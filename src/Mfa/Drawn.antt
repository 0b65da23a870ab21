-- ===== src/Mfa/Drawn.antt =====
-- services/mfa.service.ts: a first `setup` keeps what it draws.
use nest_auth.Prelude.{
  ℕ, Bool, Result, ◌≡◌, refl, ◌∙◌, ap, sym, true, false, none, some, List, Text, map, ok,
  text_eq_refl, length,
}
use nest_auth.Prelude.Action.{through, reply_inv, or_throw_inv, pure_inv}
use nest_auth.Json.{arr}
use nest_auth.AuthRedis.Claims.{set_if_absent, set_if_absent-reply, get-set_if_absent}
use nest_auth.Crypto.AesGcm.{iv_length}
use nest_auth.Crypto.AesGcm.RoundTrip.{decrypt-encrypt}
use nest_auth.Totp.{to_base32}
use nest_auth.Users.{Account}
use nest_auth.Mfa.{Server, State, on_store, encrypt_secret, decrypt_with_rotation}
use nest_auth.Mfa.RecoveryCodes.{count_or_default, hash_recovery_codes}
use nest_auth.Mfa.Regenerated.{hash_recovery_codes_lem}
use nest_auth.Mfa.SetupData.{
  MfaSetupData, texts_out, setup_json, parse_setup_data-setup_json,
  parse_plain_recovery_codes-texts_out,
}
use nest_auth.Mfa.Setup.{
  MfaSetupResult, SetupRequest, key_of, show_new, first_setup, mfa_setup_ttl_seconds, keep_payload,
}
use nest_auth.Mfa.Shown.{Kept}

module _ (server : Server) where
  open server use {env, node, encryption_key, recovery_code_count, compare}
  open server.env use {redis, hmac, hmac_key, stringify}
  open server.env.redis use {Store, get, set}

  -- The texts that a setup encrypts, and that it can encrypt them.
  abbrev pub drawn_codes : SetupRequest → List Text
  drawn_codes r =
      (hash_recovery_codes server r.draws 0 (count_or_default recovery_code_count)).plain_codes

  pub record CanEncrypt (r : SetupRequest) : Type 0 where
    pub secret_vector : length r.secret_iv ≡ iv_length
    pub codes_vector : length r.codes_iv ≡ iv_length
    pub long : length (node.from_base64 encryption_key) ≡ 32
    pub secret_encoded :
        node.to_utf8 (node.from_utf8 (to_base32 r.raw_secret)) ≡ to_base32 r.raw_secret
    pub codes_encoded :
        node.to_utf8 (node.from_utf8 (stringify (arr (texts_out (drawn_codes r)))))
        ≡ stringify (arr (texts_out (drawn_codes r)))

  decrypt_with_rotation-encrypt_secret :
      (iv : List ℕ) (t ciphertext : Text)
      → length iv ≡ iv_length
      → length (node.from_base64 encryption_key) ≡ 32
      → node.to_utf8 (node.from_utf8 t) ≡ t
      → encrypt_secret server iv t ≡ some ciphertext
      → decrypt_with_rotation server ciphertext ≡ some (record { secret = t; stale = false })
  unfolding decrypt_with_rotation
  decrypt_with_rotation-encrypt_secret iv t ciphertext vector long encoded h =
      let (c, made, back) = decrypt-encrypt node iv t encryption_key vector long encoded in
      let same : c ≡ ciphertext = cc (made, h) in rw (decrypt_with_rotation, rw same at back) refl

  show_new_inv :
      (user : Account) (secret : Text) (plain_codes : List Text) (w w' : State server)
      (shown : MfaSetupResult)
      → show_new server user secret plain_codes w ≡ (ok shown, w')
      → (shown.secret ≡ secret) × (shown.recovery_codes ≡ plain_codes) × (w' ≡ w)
  unfolding show_new
  show_new_inv user secret plain_codes w w' shown h = through h λ uri w1 e1 h1.
      let last = pure_inv _ _ h1 in
      (
        ap (λ x. x.secret) last.0,
        ap (λ x. x.recovery_codes) last.0,
        last.1 ∙ (or_throw_inv _ _ _ e1).1,
      )

  -- The payload is kept where nothing was.
  keep_payload-first :
      (r : SetupRequest) (user : Account) (secret : Text) (plain_codes : List Text) (payload : Text)
      (was_set : Bool) (w v w' : State server) (shown : MfaSetupResult)
      → get w.store (key_of server r) ≡ none
      → on_store server (set_if_absent redis (key_of server r) payload mfa_setup_ttl_seconds) w
        ≡ (ok was_set, v)
      → keep_payload server r user secret plain_codes payload was_set v ≡ (ok shown, w')
      → (shown.secret ≡ secret)
        × (shown.recovery_codes ≡ plain_codes)
        × (get w'.store (key_of server r) ≡ some payload)
        × (w'.users ≡ w.users)
  keep_payload-first r user secret plain_codes payload was_set w v w' shown free e h =
      let k = key_of server r in
      let i = reply_inv _ _ e in
      let first : ◌≡◌ {A = Result Bool} (ok true) (ok was_set) =
        rw (set_if_absent-reply redis k payload mfa_setup_ttl_seconds w.store, free) at i.0 in
      let known : was_set ≡ true = cc first in
      let last = show_new_inv user secret plain_codes v w' shown (rw known at h) in
      (
        last.0,
        last.1,
        rw (last.2, i.1)
            (get-set_if_absent redis k payload 599 w.store k ∙ rw (text_eq_refl k, free) refl),
        rw (last.2, i.1) refl,
      )

  -- A first setup keeps the drawn secret and the digests of the drawn codes.
  pub first_setup-Kept :
      (r : SetupRequest) (user : Account) (w w' : State server) (shown : MfaSetupResult)
      → CanEncrypt r
      → get w.store (key_of server r) ≡ none
      → first_setup server r user w ≡ (ok shown, w')
      → (raw : Text) × (k : Kept server raw shown) × (get w'.store (key_of server r) ≡ some raw)
        × (w'.users ≡ w.users)
        × (k.kept.hashed_codes ≡ map (λ code. hmac code hmac_key) shown.recovery_codes)
  unfolding first_setup
  first_setup-Kept r user w w' shown can free h = through h λ sealed w1 e1 h1.
      through h1 λ sealed_codes w2 e2 h2. through h2 λ was_set w3 e3 h3.
        let i1 = or_throw_inv _ _ _ e1 in
        let i2 = or_throw_inv _ _ _ e2 in
        let start : w2 ≡ w = i2.1 ∙ i1.1 in
        let set = hash_recovery_codes server r.draws 0 (count_or_default recovery_code_count) in
        let hashed =
          hash_recovery_codes_lem server r.draws 0 (count_or_default recovery_code_count) in
        let kept : MfaSetupData = record {
          encrypted_secret = sealed;
          hashed_codes = set.hashed_codes;
          encrypted_plain_codes = sealed_codes;
        } in
        let (shows, lists, stands, users) =
          keep_payload-first r user (to_base32 r.raw_secret) set.plain_codes
            (stringify (setup_json kept)) was_set w w3 w' shown free (rw start at e3) h3 in
        let k : Kept server (stringify (setup_json kept)) shown = record {
          kept = kept;
          secret = record { secret = to_base32 r.raw_secret; stale = false };
          json = record { secret = stringify (arr (texts_out set.plain_codes)); stale = false };
          parsed = parse_setup_data-setup_json env kept;
          opened =
              decrypt_with_rotation-encrypt_secret r.secret_iv (to_base32 r.raw_secret) sealed
                can.secret_vector can.long can.secret_encoded i1.0;
          opened_codes =
              decrypt_with_rotation-encrypt_secret r.codes_iv
                (stringify (arr (texts_out set.plain_codes))) sealed_codes can.codes_vector can.long
                can.codes_encoded i2.0;
          same_secret = shows;
          same_codes =
              parse_plain_recovery_codes-texts_out env set.plain_codes ∙ ap some (sym lists);
        } in
        (stringify (setup_json kept), k, stands, users, hashed.1 ∙ ap (map _) (sym lists))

*-*-*

State the count of lines holding the string "long" in the listing above, and nothing else.

*Output of the task*: 5